#### Work to be completed
Below is a listing. Write out exactly its lines between the one holding "let made : files_for" and the one holding "(p : Loading", inclusive.

#### Dataset excerpts
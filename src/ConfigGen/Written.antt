-- ===== src/ConfigGen/Written.antt =====
-- What the generator went through when it has written the files of a cluster.
use trebiz.Prelude.{
  ℕ, ◌<◌, ◌≤◌, ◌≡◌, ◌∙◌, refl, ap, sym, subst, List, [], ◌∷◌, Option, none, some, true, false, Bool,
  bytes_key, lookup, All, length, ltb, ◌==◌, not, ◌^◌, ◌/◌, if◌then◌else◌,
}
use trebiz.Messages.{Bytes}
use trebiz.Sign.Keys.{KeyCodec}
use trebiz.Config.Load.{Setting, Value, text, number, Loading, loaded, refused, panicked}
use trebiz.ConfigGen.Draws.{generate_random_number}
use trebiz.ConfigGen.Files.{
  Template, Generated, Entry, total_node_num, cluster_ips, p2p_ports, node, node_file,
}
use trebiz.ConfigGen.Main.{KeyGen, faulty_num, generated, prepare, write_files, files_for, generate}
use trebiz.ConfigGen.Hosts.{Hosts, IsHost, cluster_ips-fills, p2p_ports-fills}
use trebiz.ConfigGen.Made.{bind-loaded, loaded-eq}

abbrev pub NamedFile : Type 0
NamedFile = Bytes × List (Setting × Entry)

module _ (k : KeyCodec) (t : Template) (g : Generated) where
  -- Each file that is written was made for its host.
  write_files-each :
      (hosts : Hosts) (files : List NamedFile)
      → write_files k t g hosts ≡ loaded files
      → All (λ p. node_file k t g p.0 ≡ loaded p.1) files
  unfolding write_files
  write_files-each [] files h =
      subst (All (λ p. node_file k t g p.0 ≡ loaded p.1)) (loaded-eq [] files h) tt
  write_files-each ((host, addr) ∷ rest) files h =
      let one = bind-loaded (node_file k t g host) _ files h in
      let more = bind-loaded (write_files k t g rest) _ files one.2 in
      subst (All (λ p. node_file k t g p.0 ≡ loaded p.1))
        (loaded-eq ((host, one.0) ∷ more.0) files more.2)
        (one.1, write_files-each rest more.0 more.1)

if_loaded {ℓ} :
    {A : Type ℓ} (b : Bool) (m : Loading A) (a : A)
    → (if b then panicked else m) ≡ loaded a
    → m ≡ loaded a
if_loaded true m a h = absurd cc
if_loaded false m a h = h

module _ (gen : KeyGen) (t : Template) where
  -- What is generated depends on the two maps and on the draw.
  prepare-generated :
      (addresses ports : Hosts) (g : List ℕ → Generated)
      → cluster_ips t.ips [] ≡ loaded addresses
      → p2p_ports t.peers_p2p_port t.ips [] ≡ loaded ports
      → prepare gen t ≡ loaded g
      → generated gen t addresses ports ≡ g
  unfolding prepare
  prepare-generated addresses ports g a p h =
      let one = bind-loaded (cluster_ips t.ips []) _ g h in
      let two = if_loaded (not (length t.ips == length t.peers_p2p_port)) _ g one.2 in
      let three = bind-loaded (p2p_ports t.peers_p2p_port t.ips []) _ g two in
      let last = if_loaded (ltb (total_node_num (length t.ips) / 3) (faulty_num t)) _ g three.2 in
      let same_addresses = loaded-eq addresses one.0 (sym a ∙ one.1) in
      let same_ports = loaded-eq ports three.0 (sym p ∙ three.1) in
      ap (λ m. generated gen t m ports) same_addresses
      ∙ ap (generated gen t one.0) same_ports
      ∙ loaded-eq _ g last

module _ (k : KeyCodec) (gen : KeyGen) (t : Template) (files : List NamedFile) where
  abbrev Writes : (List ℕ → Generated) → Type 0
  Writes g = (evil : List ℕ) × (write_files k t (g evil) t.ips ≡ loaded files)

  drawn-Writes :
      (g : List ℕ → Generated) (r : Option (List ℕ))
      → (elim r as (λ _. Option (Loading (List NamedFile))) [
        | none ↦ none
        | some evil ↦ some (files_for k t g evil)
      ])
        ≡ some (loaded files)
      → Writes g
  drawn-Writes g none h = absurd cc
  drawn-Writes g (some evil) h =
      let made : files_for k t g evil ≡ loaded files = cc in
      (evil, if_loaded (ltb (length evil) (faulty_num t)) _ files made)

  prepared-Writes :
      (p : Loading (List ℕ → Generated)) (r : Option (List ℕ))
      → (elim p as (λ _. Option (Loading (List NamedFile))) [
        | refused ↦ some refused
        | panicked ↦ some panicked
        | loaded g ↦ elim r as (λ _. Option (Loading (List NamedFile))) [
          | none ↦ none
          | some evil ↦ some (files_for k t g evil)
        ]
      ])
        ≡ some (loaded files)
      → (g : List ℕ → Generated) × (p ≡ loaded g) × Writes g
  prepared-Writes refused r h = absurd cc
  prepared-Writes panicked r h = absurd cc
  prepared-Writes (loaded g) r h = (g, refl, drawn-Writes g r h)

  generate-Writes :
      (draws : List ℕ)
      → generate k gen t draws ≡ some (loaded files)
      → (g : List ℕ → Generated) × (prepare gen t ≡ loaded g) × Writes g
  unfolding generate
  generate-Writes draws h =
      prepared-Writes (prepare gen t)
        (generate_random_number 1 (total_node_num (length t.ips)) (faulty_num t) draws) h

-- A template whose hosts are named by all the numbers below how many there are, each with an address and a port.
pub record IsTemplate (t : Template) (ports : ℕ → ℕ) (addrs : ℕ → Bytes) : Type 0 where
  pub few : length t.ips ≤ 2 ^ 32
  pub named : All (λ p. IsHost (length t.ips) addrs p.0 p.1) t.ips
  pub complete : (i : ℕ) → i < length t.ips → (x : Value) × (lookup (node i) t.ips ≡ some x)
  pub ported :
      (i : ℕ) → i < length t.ips → lookup (node i) t.peers_p2p_port ≡ some (number (ports i))

-- A written file was made for its host, from what was generated with the ports and the addresses of all hosts.
pub generate-each :
    (k : KeyCodec) (gen : KeyGen) (t : Template) (ports : ℕ → ℕ) (addrs : ℕ → Bytes)
    (draws : List ℕ) (files : List NamedFile)
    → IsTemplate t ports addrs
    → generate k gen t draws ≡ some (loaded files)
    → (addresses by_name : Hosts) × (evil : List ℕ) × All
        (λ p. node_file k t (generated gen t addresses by_name evil) p.0 ≡ loaded p.1)
        files
      × ((i : ℕ) → i < length t.ips → lookup (node i) by_name ≡ some (number (ports i)))
      × ((i : ℕ) → i < length t.ips → lookup (node i) addresses ≡ some (text (addrs i)))
generate-each k gen t ports addrs draws files ok h =
    let n = length t.ips in
    let a = cluster_ips-fills n ok.few addrs t.ips ok.named in
    let p = p2p_ports-fills n ok.few addrs t.ips ok.named t.peers_p2p_port ports ok.ported in
    let w = generate-Writes k gen t files draws h in
    let same = prepare-generated gen t a.0 p.0 w.0 a.1 p.1 w.1 in
    let evil : List ℕ = w.2.0 in
    let wrote : write_files k t (generated gen t a.0 p.0 evil) t.ips ≡ loaded files =
      ap (λ g. write_files k t (g evil) t.ips) same ∙ w.2.1 in
    (
      a.0,
      p.0,
      evil,
      write_files-each k t (generated gen t a.0 p.0 evil) t.ips files wrote,
      λ i small. let x = ok.complete i small in p.2 i x.0 small x.1,
      λ i small. let x = ok.complete i small in a.2 i x.0 small x.1,
    )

#### Result for this exercise
      let made : files_for k t g evil ≡ loaded files = cc in
      (evil, if_loaded (ltb (length evil) (faulty_num t)) _ files made)

  prepared-Writes :
      (p : Loading (List ℕ → Generated)) (r : Option (List ℕ))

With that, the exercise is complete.